Top of Data

-- ===== src/Examples/Capture.antt =====
-- The theorems on the pipeline, at a few events.
use contextd.Prelude.{◌<◌, ◌≡◌, ◌≢◌, ◌⊎◌, ◌↔◌, inl, inr, refl, true, false, [], ◌∷◌, any}
use contextd.Core.Validate.{trimmed}
use contextd.Prelude.Int.{pos}
use contextd.Text.{
  Text, str, text_eq, contains, starts_with, lines_from, words_from, flush, join, drop_cr, trim,
  trim_start, keep_end, trim_end, is_whitespace,
}
use contextd.Json.{i64_at, str_at}
use contextd.Core.Event.{RawEvent, EventSource, new, source_eq}
use contextd.Core.Memory.{research, episodic, general_productivity, survives_pruning}
use contextd.Pipeline.Heuristics.{process_event, score_of, shell_score}
use contextd.Pipeline.Classify.{
  classify_use_case, classify_memory_type, run_memory, is_procedural_command, classify_run,
  classify_command,
}
use contextd.Pipeline.Content.{
  summarize, looks_like_failure, finish, collapse_whitespace, truncate, draft, git_text,
  subject_line, summarize_git,
}
use contextd.Pipeline.Content.Summaries.{summarize-IsLine, IsLine}
use contextd.Pipeline.Content.Errors.{looks_like_failure_lem, is_failing}
use contextd.Pipeline.Decision.{decide, drop, promote, verdict, should_drop, analyze}
use contextd.Pipeline.Decision.Ingest.{
  decide-drop_iff, should_drop_iff, ingest-drop, ingest-promote,
}
use contextd.Examples.{Value, shell_run, commit, json, event_of}

abbrev failed : RawEvent Value
failed = event_of EventSource.shell 1 (shell_run (97 ∷ []) (pos 1))

abbrev committed : RawEvent Value
committed = event_of EventSource.git 2 (commit (98 ∷ []))

-- Letters are left as they are.
abbrev unchanged : Text → Text
unchanged t = t

looks_like_failure_lem_example :
    looks_like_failure json failed
    ≡ is_failing json failed.payload (i64_at json failed.payload (str "exit_code"))
looks_like_failure_lem_example = looks_like_failure_lem json failed

decide-drop_iff_example :
    (decide json (new failed 20) general_productivity episodic ≡ drop)
    ↔ ((20 < 25) × (looks_like_failure json failed ≡ false) × (general_productivity ≢ research))
unfolding new
decide-drop_iff_example = decide-drop_iff json (new failed 20) general_productivity episodic

should_drop_iff_example : (should_drop json unchanged (new failed 20) ≡ true) ↔ (
    (verdict json unchanged (new failed 20) ≡ drop)
    × ((new failed 20).raw.source ≢ EventSource.claim)
    × ((new failed 20).raw.source ≢ EventSource.note))
should_drop_iff_example = should_drop_iff json unchanged (new failed 20)

ingest-promote_example : verdict json unchanged (process_event json committed) ≡ promote
unfolding str text_eq str_at
ingest-promote_example = ingest-promote json unchanged committed (inr (inl (refl, refl)))

-- A listing of a directory that went well.
abbrev listing : RawEvent Value
listing = event_of EventSource.shell 3 (shell_run (108 ∷ 115 ∷ []) (pos 0))

listing-dropped : should_drop json unchanged (process_event json listing) ≡ true
unfolding should_drop source_eq process_event new score_of shell_score decide analyze
    classify_use_case classify_memory_type str_at i64_at looks_like_failure str text_eq contains
    starts_with survives_pruning run_memory is_procedural_command any classify_run classify_command
listing-dropped = refl

ingest-drop_example :
    ((listing.source ≡ EventSource.shell) ⊎ (listing.source ≡ EventSource.proc))
    × (looks_like_failure json listing ≡ false)
    × ((analyze json unchanged listing).use_case ≢ research)
ingest-drop_example = ingest-drop json unchanged listing listing-dropped

abbrev committed_line : Text
committed_line = 99 ∷ 111 ∷ 109 ∷ 109 ∷ 105 ∷ 116 ∷ 116 ∷ 101 ∷ 100 ∷ 58 ∷ 32 ∷ 98 ∷ []

summarize-IsLine_example : IsLine committed_line
unfolding summarize finish collapse_whitespace truncate draft str str_at text_eq git_text
    subject_line lines_from words_from flush join drop_cr summarize_git trimmed trim trim_start
    trim_end keep_end is_whitespace
summarize-IsLine_example = summarize-IsLine json committed committed_line refl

Bottom of Data

What the task asks
Exactly as they stand above, write out all the entries again.

Exercise response
-- ===== src/Examples/Capture.antt =====
-- The theorems on the pipeline, at a few events.
use contextd.Prelude.{◌<◌, ◌≡◌, ◌≢◌, ◌⊎◌, ◌↔◌, inl, inr, refl, true, false, [], ◌∷◌, any}
use contextd.Core.Validate.{trimmed}
use contextd.Prelude.Int.{pos}
use contextd.Text.{
  Text, str, text_eq, contains, starts_with, lines_from, words_from, flush, join, drop_cr, trim,
  trim_start, keep_end, trim_end, is_whitespace,
}
use contextd.Json.{i64_at, str_at}
use contextd.Core.Event.{RawEvent, EventSource, new, source_eq}
use contextd.Core.Memory.{research, episodic, general_productivity, survives_pruning}
use contextd.Pipeline.Heuristics.{process_event, score_of, shell_score}
use contextd.Pipeline.Classify.{
  classify_use_case, classify_memory_type, run_memory, is_procedural_command, classify_run,
  classify_command,
}
use contextd.Pipeline.Content.{
  summarize, looks_like_failure, finish, collapse_whitespace, truncate, draft, git_text,
  subject_line, summarize_git,
}
use contextd.Pipeline.Content.Summaries.{summarize-IsLine, IsLine}
use contextd.Pipeline.Content.Errors.{looks_like_failure_lem, is_failing}
use contextd.Pipeline.Decision.{decide, drop, promote, verdict, should_drop, analyze}
use contextd.Pipeline.Decision.Ingest.{
  decide-drop_iff, should_drop_iff, ingest-drop, ingest-promote,
}
use contextd.Examples.{Value, shell_run, commit, json, event_of}

abbrev failed : RawEvent Value
failed = event_of EventSource.shell 1 (shell_run (97 ∷ []) (pos 1))

abbrev committed : RawEvent Value
committed = event_of EventSource.git 2 (commit (98 ∷ []))

-- Letters are left as they are.
abbrev unchanged : Text → Text
unchanged t = t

looks_like_failure_lem_example :
    looks_like_failure json failed
    ≡ is_failing json failed.payload (i64_at json failed.payload (str "exit_code"))
looks_like_failure_lem_example = looks_like_failure_lem json failed

decide-drop_iff_example :
    (decide json (new failed 20) general_productivity episodic ≡ drop)
    ↔ ((20 < 25) × (looks_like_failure json failed ≡ false) × (general_productivity ≢ research))
unfolding new
decide-drop_iff_example = decide-drop_iff json (new failed 20) general_productivity episodic

should_drop_iff_example : (should_drop json unchanged (new failed 20) ≡ true) ↔ (
    (verdict json unchanged (new failed 20) ≡ drop)
    × ((new failed 20).raw.source ≢ EventSource.claim)
    × ((new failed 20).raw.source ≢ EventSource.note))
should_drop_iff_example = should_drop_iff json unchanged (new failed 20)

ingest-promote_example : verdict json unchanged (process_event json committed) ≡ promote
unfolding str text_eq str_at
ingest-promote_example = ingest-promote json unchanged committed (inr (inl (refl, refl)))

-- A listing of a directory that went well.
abbrev listing : RawEvent Value
listing = event_of EventSource.shell 3 (shell_run (108 ∷ 115 ∷ []) (pos 0))

listing-dropped : should_drop json unchanged (process_event json listing) ≡ true
unfolding should_drop source_eq process_event new score_of shell_score decide analyze
    classify_use_case classify_memory_type str_at i64_at looks_like_failure str text_eq contains
    starts_with survives_pruning run_memory is_procedural_command any classify_run classify_command
listing-dropped = refl

ingest-drop_example :
    ((listing.source ≡ EventSource.shell) ⊎ (listing.source ≡ EventSource.proc))
    × (looks_like_failure json listing ≡ false)
    × ((analyze json unchanged listing).use_case ≢ research)
ingest-drop_example = ingest-drop json unchanged listing listing-dropped

abbrev committed_line : Text
committed_line = 99 ∷ 111 ∷ 109 ∷ 109 ∷ 105 ∷ 116 ∷ 116 ∷ 101 ∷ 100 ∷ 58 ∷ 32 ∷ 98 ∷ []

summarize-IsLine_example : IsLine committed_line
unfolding summarize finish collapse_whitespace truncate draft str str_at text_eq git_text
    subject_line lines_from words_from flush join drop_cr summarize_git trimmed trim trim_start
    trim_end keep_end is_whitespace
summarize-IsLine_example = summarize-IsLine json committed committed_line refl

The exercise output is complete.